Beim Unfall A93 Pfreimd verlor am Dienstag, 5. Mai 2026, ein 45-jähriger Mann sein Leben. Der Fahrer eines Kleintransporters war auf der Autobahn 93 nahe der Anschlussstelle Pfreimd im Landkreis Schwandorf verunglückt. Für den Mann kam jede Hilfe zu spät – er starb noch an der Unfallstelle. Die A93 musste daraufhin vollständig gesperrt werden.

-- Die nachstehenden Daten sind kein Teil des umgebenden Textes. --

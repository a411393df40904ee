-- ===== src/MFile/BitSet/Laws.antt =====
-- Setting a bit changes that bit and no other.
use build_with_opus.Prelude.{
  ℕ, zero, suc, ◌+◌, ◌/◌, ◌%◌, ◌^◌, ◌≤◌, ◌<◌, ◌≡◌, ◌↔◌, refl, ap, Bool, false, not, ◌||◌, Option,
  none, some, List, [], ◌∷◌, replicate, length, length-replicate, get_elem?, ◌==◌, if◌then◌else◌,
  arith, bit_and, bit_or, ◌∙◌, inl, inr, ◌⊎◌, Bool-cases, Option-cases,
}
use native.Mathlib.Nat.{one-le-pow}
use build_with_opus.Prelude.Bits.{single_bit, set_clear_bit, two_pow-suc, div-div}
use build_with_opus.MFile.BitSet.{BitSet, new, update_word, mask, set, is_set}

-- Bit q after bit p, which was clear, has been added.
pub add_bit :
    (p q w : ℕ)
    → w / 2 ^ p % 2 ≡ 0
    → (w + 2 ^ p) / 2 ^ q % 2 ≡ (if p == q then 1 else w / 2 ^ q % 2)
add_bit zero zero w h = ground arith
add_bit zero (suc q) w h =
    let even : (w + 1) / 2 ≡ w / 2 = omega arith in
    ground (arith, div-div (w + 1) q, div-div w q, ap (λ (t : ℕ). t / 2 ^ q) even)
add_bit (suc p) zero w h = ground (arith, two_pow-suc p)
add_bit (suc p) (suc q) w h =
    let half : (w + 2 ^ suc p) / 2 ≡ w / 2 + 2 ^ p = omega (arith, two_pow-suc p) in
    ground (
      arith,
      div-div (w + 2 ^ suc p) q,
      div-div w q,
      div-div w p,
      ap (λ (t : ℕ). t / 2 ^ q) half,
      add_bit p q (w / 2),
    )

-- The bit at an index, and false beyond the words.
bit_of : ℕ → Option ℕ → Bool
bit_of idx none = false
bit_of idx (some w) = w / 2 ^ (idx % 64) % 2 == 1

pub has : List ℕ → ℕ → Bool
has words idx = bit_of idx (get_elem? words (idx / 64))

get_elem?-update_word :
    (ws : List ℕ) (i j w : ℕ)
    → i < length ws
    → get_elem? (update_word ws i w) j ≡ (if i == j then some w else get_elem? ws j)
unfolding update_word
get_elem?-update_word [] i j w h = elim h [ ]
get_elem?-update_word (v ∷ vs) zero zero w h = refl
get_elem?-update_word (v ∷ vs) zero (suc j) w h = ground arith
get_elem?-update_word (v ∷ vs) (suc i) zero w h = ground arith
get_elem?-update_word (v ∷ vs) (suc i) (suc j) w h = ground (arith, get_elem?-update_word vs i j w)

-- The words are as many as the length needs.
abbrev pub IsSized : BitSet → Type 0
IsSized b = length b.words ≡ (b.len + 63) / 64

pub new-IsSized : (n : ℕ) → IsSized (new n)
unfolding new
new-IsSized n = length-replicate ((n + 63) / 64) 0

found : (ws : List ℕ) (i : ℕ) → i < length ws → (w : ℕ) × (get_elem? ws i ≡ some w)
found [] i h = elim h [ ]
found (w ∷ ws) zero h = (w, refl)
found (w ∷ ws) (suc i) h = found ws i (omega arith)

word_in_range : (b : BitSet) (i : ℕ) → IsSized b → i < b.len → i / 64 < length b.words
word_in_range b i s h = omega arith

-- The test of an index that is in range answers its bit.
pub is_set-eq-has : (b : BitSet) (i : ℕ) → IsSized b → i < b.len → is_set i b ≡ some (has b.words i)
unfolding is_set has bit_of
is_set-eq-has b i s h =
    let (w, e) = found b.words (i / 64) (word_in_range b i s h) in
    rw e (ground (arith, single_bit (i % 64) w, pos (i % 64)))
  where
    pos : (k : ℕ) → 1 ≤ 2 ^ k
    pos k = one-le-pow k 2 (omega arith)

length-update_word : (ws : List ℕ) (i w : ℕ) → length (update_word ws i w) ≡ length ws
unfolding update_word
length-update_word [] i w = refl
length-update_word (v ∷ vs) zero w = refl
length-update_word (v ∷ vs) (suc i) w = ap suc (length-update_word vs i w)

-- The set with the bit i put in where it is clear.
with_bit : ℕ → ℕ → BitSet → BitSet
with_bit i w b = record b {
  words = update_word b.words (i / 64) (bit_or w (mask i));
  set_count = b.set_count + 1;
}

has-with_bit :
    (b : BitSet) (i w j : ℕ)
    → get_elem? b.words (i / 64) ≡ some w
    → i / 64 < length b.words
    → w / 2 ^ (i % 64) % 2 ≡ 0
    → has (with_bit i w b).words j ≡ ((i == j) || has b.words j)
unfolding has bit_of with_bit
has-with_bit b i w j e fits clear = ground (
  arith,
  get_elem?-update_word b.words (i / 64) (j / 64) (bit_or w (mask i)) fits,
  set_clear_bit (i % 64) w clear,
  add_bit (i % 64) (j % 64) w clear,
)

-- What one `set` in range leaves: the bit is in, the others are as before, and the flag and the
-- count say whether it is new.
pub record Puts (b : BitSet) (i : ℕ) (c : BitSet) : Type 0 where
  pub bits : (j : ℕ) → has c.words j ≡ ((i == j) || has b.words j)
  pub same_len : c.len ≡ b.len
  pub same_words : length c.words ≡ length b.words
  pub counted : c.set_count ≡ b.set_count + (if has b.words i then 0 else 1)

has-found :
    (b : BitSet) (i w : ℕ)
    → get_elem? b.words (i / 64) ≡ some w
    → has b.words i ≡ (w / 2 ^ (i % 64) % 2 == 1)
unfolding has bit_of
has-found b i w e = rw e

test_bit : (i w : ℕ) → (bit_and w (mask i) == 0) ≡ not (w / 2 ^ (i % 64) % 2 == 1)
test_bit i w = ground (arith, single_bit (i % 64) w, one-le-pow (i % 64) 2)

-- `set` of an index in range never panics, answers whether the bit is new, and puts it in.
pub set_lem :
    (b : BitSet) (i : ℕ)
    → IsSized b
    → i < b.len
    → (c : BitSet) × (set i b ≡ some (c, not (has b.words i))) × Puts b i c
unfolding set
set_lem b i s h =
    let (w, e) = found b.words (i / 64) (word_in_range b i s h) in
    elim (Bool-cases (w / 2 ^ (i % 64) % 2 == 1)) [
      | inl present ↦
          let old = has-found b i w e ∙ present in
          (
            b,
            ground (arith, e, old, test_bit i w, present),
            record {
              bits = λ j. ground (arith, old);
              same_len = refl;
              same_words = refl;
              counted = rw old (omega arith);
            },
          )
      | inr missing ↦
          let new_bit = has-found b i w e ∙ missing in
          let clear : w / 2 ^ (i % 64) % 2 ≡ 0 = ground (arith, missing) in
          (
            with_bit i w b,
            unfold with_bit in ground (arith, e, new_bit, test_bit i w, missing),
            record {
              bits = λ j. has-with_bit b i w j e (word_in_range b i s h) clear;
              same_len = unfold with_bit in refl;
              same_words =
                  unfold with_bit in length-update_word b.words (i / 64) (bit_or w (mask i));
              counted = unfold with_bit in rw new_bit;
            },
          )
    ]

get_elem?-replicate :
    (n i : ℕ)
    → (get_elem? {A = ℕ} (replicate n 0) i ≡ none) ⊎ (get_elem? {A = ℕ} (replicate n 0) i ≡ some 0)
get_elem?-replicate zero i = inl refl
get_elem?-replicate (suc n) zero = inr refl
get_elem?-replicate (suc n) (suc i) = get_elem?-replicate n i

pub has-new : (n i : ℕ) → has (new n).words i ≡ false
unfolding has bit_of new
has-new n i = elim (get_elem?-replicate ((n + 63) / 64) (i / 64)) [
  | inl e ↦ rw e
  | inr e ↦ rw e (ground arith)
]

pub len-new : (n : ℕ) → (new n).len ≡ n
unfolding new
len-new n = refl

-- A `set` that does not panic, of an index in range or not, leaves the length and the size.
pub set_same_size :
    (b c : BitSet) (i : ℕ) (fresh : Bool)
    → set i b ≡ some (c, fresh)
    → (length c.words ≡ length b.words) × (c.len ≡ b.len)
unfolding set
set_same_size b c i fresh e = elim (Option-cases (get_elem? b.words (i / 64))) [
  | inl out ↦ absurd (ground (arith, e, out))
  | inr (w, at) ↦ ground (arith, e, at, length-update_word b.words (i / 64) (bit_or w (mask i)))
]

get_elem?-eq-none : (ws : List ℕ) (i : ℕ) → (get_elem? ws i ≡ none) ↔ (length ws ≤ i)
get_elem?-eq-none [] i = (λ e. omega arith, λ h. refl)
get_elem?-eq-none (w ∷ ws) zero = ground arith
get_elem?-eq-none (w ∷ ws) (suc i) = ground (arith, get_elem?-eq-none ws i)

pub is_set-eq-none : (b : BitSet) (i : ℕ) → (is_set i b ≡ none) ↔ (length b.words ≤ i / 64)
unfolding is_set
is_set-eq-none b i = ground (arith, get_elem?-eq-none b.words (i / 64))

pub set-eq-none : (b : BitSet) (i : ℕ) → (set i b ≡ none) ↔ (length b.words ≤ i / 64)
unfolding set
set-eq-none b i = ground (arith, get_elem?-eq-none b.words (i / 64))
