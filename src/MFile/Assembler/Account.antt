-- ===== src/MFile/Assembler/Account.antt =====
-- What every state of the reassembler has: the memory total is that of the open transactions, and
-- all of them carry the same deadline.
use build_with_opus.Prelude.{
  ℕ, ◌≡◌, refl, inl, inr, none, some, List, leb, ◌==◌, Bool-cases, Option-cases, arith,
}
use build_with_opus.Prelude.Table.{lookup}
use build_with_opus.Prelude.OrderedTable as Ordered
use build_with_opus.Prelude.OrderedTable.{IsOrdered, insert-IsOrdered}
use build_with_opus.Prelude.OrderedTable.Totals.{
  total, AllValues, total-insert, total-remove, remove-IsOrdered, AllValues-insert,
  AllValues-remove,
}
use build_with_opus.MFile.Header.{Chunk}
use build_with_opus.MFile.State.{
  FileName, Services, AssemblyOutcome, TxState, Assembler, new, assembled,
}
use build_with_opus.MFile.BitSet.Laws.{IsSized, new-IsSized, len-new}
use build_with_opus.MFile.Assembler.{
  oldest, release, write_then, persist, capacity_overflows, finalize_tx, finalize, abandon,
  enforce_ram_cap, timeout_of, new_tx, open_tx,
}

-- The deadline that the light time gives, and a bit set of the right size.
pub record IsSound (owlt_secs : ℕ) (tx : TxState) : Type 0 where
  pub deadline : tx.timeout_tai_coarse ≡ timeout_of owlt_secs
  pub sized : IsSized tx.received
  pub covers : tx.received.len ≡ tx.total_chunks

pub record IsBalanced (s : Assembler) : Type 0 where
  pub ordered : IsOrdered s.active
  pub account : s.total_ram_bytes ≡ total (λ tx. tx.in_flight_bytes) s.active
  pub sound : AllValues (IsSound s.owlt_secs) s.active

abbrev bytes_of : TxState → ℕ
bytes_of tx = tx.in_flight_bytes

pub new-IsBalanced : (owlt_secs max_ram_mb : ℕ) → IsBalanced (new owlt_secs max_ram_mb)
unfolding new AllValues
new-IsBalanced owlt_secs max_ram_mb = record { ordered = tt; account = refl; sound = tt }

pub release-IsBalanced :
    (id : ℕ) (tx : TxState) (s : Assembler)
    → lookup id s.active ≡ some tx
    → IsBalanced s
    → IsBalanced (release id tx s)
unfolding release
release-IsBalanced id tx s e inv = record {
  ordered = remove-IsOrdered id s.active inv.ordered;
  account = ground (arith, total-remove bytes_of id s.active inv.ordered, e, inv.account);
  sound = AllValues-remove (IsSound s.owlt_secs) id s.active inv.sound;
}

pub write_then-IsBalanced :
    (env : Services) (path : FileName) (contents : List ℕ) (outcome : AssemblyOutcome)
    (s : Assembler)
    → IsBalanced s
    → IsBalanced (write_then env path contents outcome s).0
unfolding write_then
write_then-IsBalanced env path contents outcome s inv =
    elim (Bool-cases (env.write_ok path contents)) [
      | inl e ↦ rw e (record { ordered = inv.ordered; account = inv.account; sound = inv.sound })
      | inr e ↦ rw e inv
    ]

persist-IsBalanced :
    (env : Services) (id : ℕ) (tx : TxState) (s : Assembler)
    → lookup id s.active ≡ some tx
    → IsBalanced s
    → IsBalanced (persist env id tx s).0
unfolding persist
persist-IsBalanced env id tx s e inv =
    let fine = release-IsBalanced id tx s e inv in
    elim (Bool-cases (env.crc32 (assembled tx) == tx.crc32_full_file)) [
      | inl h ↦ rw (h, persist) (write_then-IsBalanced env _ _ _ (release id tx s) fine)
      | inr h ↦ rw (h, persist) (write_then-IsBalanced env _ _ _ (release id tx s) fine)
    ]

finalize_tx-IsBalanced :
    (env : Services) (id : ℕ) (tx : TxState) (s : Assembler)
    → lookup id s.active ≡ some tx
    → IsBalanced s
    → IsBalanced (finalize_tx env id tx s).0
unfolding finalize_tx
finalize_tx-IsBalanced env id tx s e inv = elim (Bool-cases (capacity_overflows tx)) [
  | inl huge ↦ rw (huge, finalize_tx) (release-IsBalanced id tx s e inv)
  | inr fits ↦ rw (fits, finalize_tx) (persist-IsBalanced env id tx s e inv)
]

pub finalize-IsBalanced :
    (env : Services) (id : ℕ) (s : Assembler) → IsBalanced s → IsBalanced (finalize env id s).0
unfolding finalize
finalize-IsBalanced env id s inv = elim (Option-cases (lookup id s.active)) [
  | inl e ↦ rw (e, finalize) inv
  | inr (tx, e) ↦ rw (e, finalize) (finalize_tx-IsBalanced env id tx s e inv)
]

pub abandon-IsBalanced :
    (env : Services) (id : ℕ) (s : Assembler) → IsBalanced s → IsBalanced (abandon env id s).0
unfolding abandon
abandon-IsBalanced env id s inv = elim (Option-cases (lookup id s.active)) [
  | inl e ↦ rw (e, abandon) inv
  | inr (tx, e) ↦
      rw (e, abandon)
        (write_then-IsBalanced env _ _ _ (release id tx s) (release-IsBalanced id tx s e inv))
]

pub enforce_ram_cap-IsBalanced :
    (env : Services) (s : Assembler) → IsBalanced s → IsBalanced (enforce_ram_cap env s)
unfolding enforce_ram_cap
enforce_ram_cap-IsBalanced env s inv = elim (Bool-cases (leb s.total_ram_bytes s.max_ram_bytes)) [
  | inl e ↦ rw (e, enforce_ram_cap) inv
  | inr e ↦
      rw (e, enforce_ram_cap)
        (elim (Option-cases (oldest s.active)) [
          | inl none_left ↦ rw (none_left, enforce_ram_cap) inv
          | inr ((id, t), first) ↦ rw (first, enforce_ram_cap) (abandon-IsBalanced env id s inv)
        ])
]

opened-IsBalanced :
    (c : Chunk) (s : Assembler)
    → lookup c.transaction_id s.active ≡ none
    → IsBalanced s
    → IsBalanced
        (record s { active = Ordered.insert c.transaction_id (new_tx s.owlt_secs c) s.active })
unfolding new_tx
opened-IsBalanced c s e inv =
    let tx = new_tx s.owlt_secs c in
    record {
      ordered = insert-IsOrdered c.transaction_id tx s.active inv.ordered;
      account =
          ground
            (arith, total-insert bytes_of c.transaction_id tx s.active inv.ordered, e, inv.account);
      sound =
          AllValues-insert (IsSound s.owlt_secs) c.transaction_id tx s.active
            (record {
              deadline = refl;
              sized = new-IsSized c.total_chunks;
              covers = len-new c.total_chunks;
            })
            inv.sound;
    }

pub open_tx-IsBalanced :
    (env : Services) (c : Chunk) (s : Assembler) → IsBalanced s → IsBalanced (open_tx env c s)
unfolding open_tx
open_tx-IsBalanced env c s inv = elim (Option-cases (lookup c.transaction_id s.active)) [
  | inl e ↦ rw (e, open_tx) (enforce_ram_cap-IsBalanced env _ (opened-IsBalanced c s e inv))
  | inr (tx, e) ↦ rw (e, open_tx) inv
]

Nach ersten Erkenntnissen der Polizei ereignete sich der Unfall A93 Pfreimd in den frühen Morgenstunden des 5. Mai 2026 auf dem Abschnitt zwischen den Anschlussstellen Nabburg und Pfreimd. Der 45-jährige Fahrer des Kleintransporters verlor plötzlich die Kontrolle über sein Fahrzeug. Als mögliche Ursache wird nach Medienberichten ein Reifenplatzer vermutet, der zum Kontrollverlust geführt haben soll. Der Transporter kam daraufhin von der Fahrbahn ab und kollidierte mit weiteren Fahrzeugen oder Einbauten. Der 45-Jährige wurde bei dem Unfall so schwer verletzt, dass er trotz sofort eingeleiteter Rettungsmaßnahmen noch an der Unfallstelle verstarb. Neben dem Todesopfer sollen nach Informationen aus Ermittlerkreisen weitere sechs Personen verletzt worden sein, einige davon schwer. Die genauen Umstände des Unfalls sind Gegenstand laufender Ermittlungen.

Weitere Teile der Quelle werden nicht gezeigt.